A Variable Power Surface Error Function backstepping based Dynamic Surface Control of Non-Lower Triangular Nonlinear Systems

TL;DR

This paper introduces a novel control method combining Variable Power Surface Error Function, backstepping, and dynamic surface control to improve tracking accuracy in complex nonlinear systems, ensuring stability and small steady-state errors.

Contribution

It proposes a new control design for non-lower triangular nonlinear systems using VPSEF and backstepping, with stability analysis and simulation validation.

Findings

Ensures semi-global stability of the closed-loop system.

Achieves arbitrarily small steady-state tracking error.

Validated effectiveness through two simulation cases.

Abstract

A control design for error reduction in the tracking control for a class of non-lower triangular nonlinear systems is presented by combining techniques of Variable Power Surface Error Function (VPSEF), backstepping, and dynamic surface control. At each step of design, a surface error is obtained, and based on its magnitude, the VPSEF technique decides the surface error to be used. Thus, the backstepping-based virtual and actual control law is designed to stabilize the corresponding subsystem.
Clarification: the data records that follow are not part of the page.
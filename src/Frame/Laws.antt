-- ===== src/Frame/Laws.antt =====
-- The frame parser accepts exactly the frames that the builder makes.
use lortnoc_tahc.Base.{
  ℕ, ◌+◌, ◌*◌, ◌/◌, ◌%◌, ◌^◌, ◌<◌, ◌≡◌, refl, sym, ap, ◌∙◌, ◌↔◌, ◌≢◌, not, Option, none, some, [],
  ◌∷◌, ◌++◌, if◌then◌else◌, ◌==◌, length, length-append, length-take, length-drop, All-drop, get_or,
  get_or-drop, take, drop, take_at, drop_at, take-append-drop, Bytes, IsBytes, arith,
}
use lortnoc_tahc.Frame.{
  FrameType, offer, ack, type_code, type_of, frame_body, crc32, word_bytes, build_frame, frame_of,
  parse_frame, Frame,
}

-- The word that four bytes spell.
abbrev word4 : ℕ → ℕ → ℕ → ℕ → ℕ
word4 a b c d = (a * 2 ^ 24 + b * 2 ^ 16 + c * 2 ^ 8 + d) % 2 ^ 32

-- The verdict of the parser on the parts of a frame.
abbrev verdict : ℕ → Bytes → ℕ → Option Frame
verdict code pubkey word =
    if not (crc32 (frame_body code pubkey) == word) then none else frame_of (type_of code) pubkey

module _ (code : ℕ) (pubkey : Bytes) (a b c d : ℕ) (sized : length pubkey ≡ 32) where
  tail_at :
      (i : ℕ) → get_or (pubkey ++ a ∷ b ∷ c ∷ d ∷ []) (32 + i) 0 ≡ get_or (a ∷ b ∷ c ∷ d ∷ []) i 0
  tail_at i = get_or-drop 32 _ i 0 ∙ ap (λ l. get_or l i 0) (drop_at pubkey _ 32 sized)

  parse_parts :
      parse_frame (frame_body code pubkey ++ a ∷ b ∷ c ∷ d ∷ [])
      ≡ verdict code pubkey (word4 a b c d)
  unfolding parse_frame
  parse_parts = rw (
    length-append pubkey (a ∷ b ∷ c ∷ d ∷ []),
    sized,
    tail_at 0,
    tail_at 1,
    tail_at 2,
    tail_at 3,
    take_at pubkey (a ∷ b ∷ c ∷ d ∷ []) 32 sized,
  )

word4-word_bytes :
    (w : ℕ)
    → w < 2 ^ 32
    → word4 (w / 2 ^ 24 % 256) (w / 2 ^ 16 % 256) (w / 2 ^ 8 % 256) (w % 256) ≡ w
word4-word_bytes w h = omega arith

crc32-lt : (bytes : Bytes) → crc32 bytes < 2 ^ 32
unfolding crc32
crc32-lt bytes = omega arith

type_of-type_code : (type : FrameType) → type_of (type_code type) ≡ some type
unfolding type_of type_code
type_of-type_code offer = refl
type_of-type_code ack = refl

type_code_of : (code : ℕ) (type : FrameType) → type_of code ≡ some type → code ≡ type_code type
unfolding type_of type_code
type_code_of code type h = ground arith

-- A frame that carries a 32 byte key is parsed back to its type and its key.
pub parse_frame-build_frame :
    (type : FrameType) (pubkey : Bytes)
    → length pubkey ≡ 32
    → parse_frame (build_frame type pubkey) ≡ some (record { type = type; pubkey = pubkey })
unfolding build_frame frame_of
parse_frame-build_frame type pubkey sized =
    parse_parts (type_code type) pubkey _ _ _ _ sized
    ∙ rw (word4-word_bytes (crc32 (frame_body (type_code type) pubkey)) (crc32-lt _))
        (ground (arith, type_of-type_code type))

word_bytes-word4 :
    (a b c d : ℕ) → IsBytes (a ∷ b ∷ c ∷ d ∷ []) → word_bytes (word4 a b c d) ≡ a ∷ b ∷ c ∷ d ∷ []
unfolding word_bytes
word_bytes-word4 a b c d (ha, (hb, (hc, (hd, _)))) = rw (first, second, third, fourth)
  where
    first : word4 a b c d / 2 ^ 24 % 256 ≡ a
    first = omega arith

    second : word4 a b c d / 2 ^ 16 % 256 ≡ b
    second = omega arith

    third : word4 a b c d / 2 ^ 8 % 256 ≡ c
    third = omega arith

    fourth : word4 a b c d % 256 ≡ d
    fourth = omega arith

abbrev Built : Bytes → Frame → Type 0
Built bytes f = (length f.pubkey ≡ 32) × (bytes ≡ build_frame f.type f.pubkey)

Built-parts :
    (code : ℕ) (pubkey : Bytes) (a b c d : ℕ) (f : Frame)
    → length pubkey ≡ 32
    → IsBytes (a ∷ b ∷ c ∷ d ∷ [])
    → verdict code pubkey (word4 a b c d) ≡ some f
    → Built (frame_body code pubkey ++ a ∷ b ∷ c ∷ d ∷ []) f
unfolding build_frame frame_of
Built-parts code pubkey a b c d f sized h e = (rw key sized, whole)
  where
    key : f.pubkey ≡ pubkey
    key = ground arith

    typed : type_of code ≡ some f.type
    typed = ground arith

    checked : crc32 (frame_body code pubkey) ≡ word4 a b c d
    checked = ground arith

    whole :
        frame_body code pubkey ++ a ∷ b ∷ c ∷ d ∷ []
        ≡ frame_body (type_code f.type) f.pubkey
          ++ word_bytes (crc32 (frame_body (type_code f.type) f.pubkey))
    whole = rw (key, ← type_code_of code f.type typed, checked, word_bytes-word4 a b c d h)

Built-tail :
    (code : ℕ) (pubkey tail : Bytes) (f : Frame)
    → length pubkey ≡ 32
    → length tail ≡ 4
    → IsBytes tail
    → parse_frame (frame_body code pubkey ++ tail) ≡ some f
    → Built (frame_body code pubkey ++ tail) f
Built-tail code pubkey (a ∷ b ∷ c ∷ d ∷ []) f sized four h e =
    Built-parts code pubkey a b c d f sized h (sym (parse_parts code pubkey a b c d sized) ∙ e)
Built-tail code pubkey [] f sized four h e = absurd (omega arith)
Built-tail code pubkey (a ∷ []) f sized four h e = absurd (omega arith)
Built-tail code pubkey (a ∷ b ∷ []) f sized four h e = absurd (omega arith)
Built-tail code pubkey (a ∷ b ∷ c ∷ []) f sized four h e = absurd (omega arith)
Built-tail code pubkey (a ∷ b ∷ c ∷ d ∷ x ∷ tail) f sized four h e = absurd (omega arith)

-- What the length test and the magic test have established.
parse_frame_marks :
    (m n o p code : ℕ) (rest : Bytes) (f : Frame)
    → parse_frame (m ∷ n ∷ o ∷ p ∷ code ∷ rest) ≡ some f
    → (m ≡ 0x4c) × (n ≡ 0x54) × (o ≡ 0x4e) × (p ≡ 0x43) × (length rest ≡ 36)
unfolding parse_frame
parse_frame_marks m n o p code rest f e = ground arith

parse_frame_short : (bytes : Bytes) → length bytes ≢ 41 → parse_frame bytes ≡ none
unfolding parse_frame
parse_frame_short bytes h = ground arith

parse_frame-Built :
    (bytes : Bytes) (f : Frame) → IsBytes bytes → parse_frame bytes ≡ some f → Built bytes f
parse_frame-Built (m ∷ n ∷ o ∷ p ∷ code ∷ rest) f h e = rw parts (
    Built-tail code (take 32 rest) (drop 32 rest) f (omega (arith, long, length-take 32 rest))
      (omega (arith, long, length-drop 32 rest)) (All-drop _ 32 rest h.1.1.1.1.1) (rw parts at e))
  where
    marks : (m ≡ 0x4c) × (n ≡ 0x54) × (o ≡ 0x4e) × (p ≡ 0x43) × (length rest ≡ 36)
    marks = parse_frame_marks m n o p code rest f e

    long : length rest ≡ 36
    long = marks.4

    parts : m ∷ n ∷ o ∷ p ∷ code ∷ rest ≡ frame_body code (take 32 rest) ++ drop 32 rest
    parts = rw (take-append-drop 32 rest, marks.0, marks.1, marks.2, marks.3)
parse_frame-Built [] f h e = cc (parse_frame_short [] (omega arith))
parse_frame-Built (a ∷ []) f h e = cc (parse_frame_short (a ∷ []) (omega arith))
parse_frame-Built (a ∷ b ∷ []) f h e = cc (parse_frame_short (a ∷ b ∷ []) (omega arith))
parse_frame-Built (a ∷ b ∷ c ∷ []) f h e = cc (parse_frame_short (a ∷ b ∷ c ∷ []) (omega arith))
parse_frame-Built (a ∷ b ∷ c ∷ d ∷ []) f h e =
    cc (parse_frame_short (a ∷ b ∷ c ∷ d ∷ []) (omega arith))

-- On bytes, the parser accepts exactly the frames that the builder makes for 32 byte keys: it gives
-- back a type and a key if and only if the bytes are the frame built from them.
pub parse_frame_iff :
    (bytes : Bytes) (f : Frame)
    → IsBytes bytes
    → (parse_frame bytes ≡ some f)
      ↔ ((length f.pubkey ≡ 32) × (bytes ≡ build_frame f.type f.pubkey))
parse_frame_iff bytes f h =
    (parse_frame-Built bytes f h, λ b. rw (b.1) (parse_frame-build_frame f.type f.pubkey b.0))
To address the issue of circular structure, a first-order low-pass filter is used to handle the virtual control signal at each intermediate stage of the recursive design. The stability analysis of the closed-loop system demonstrates that all signals indicate semi-global uniform ultimate boundedness. Moreover, by using the switching strategy of the control input using the VPSEF technique suitably, it is possible to ensure that the steady-state tracking error converges to a neighborhood of zero with an arbitrarily very small size. The effectiveness of the proposed concept has been verified using two different simulated demonstrations.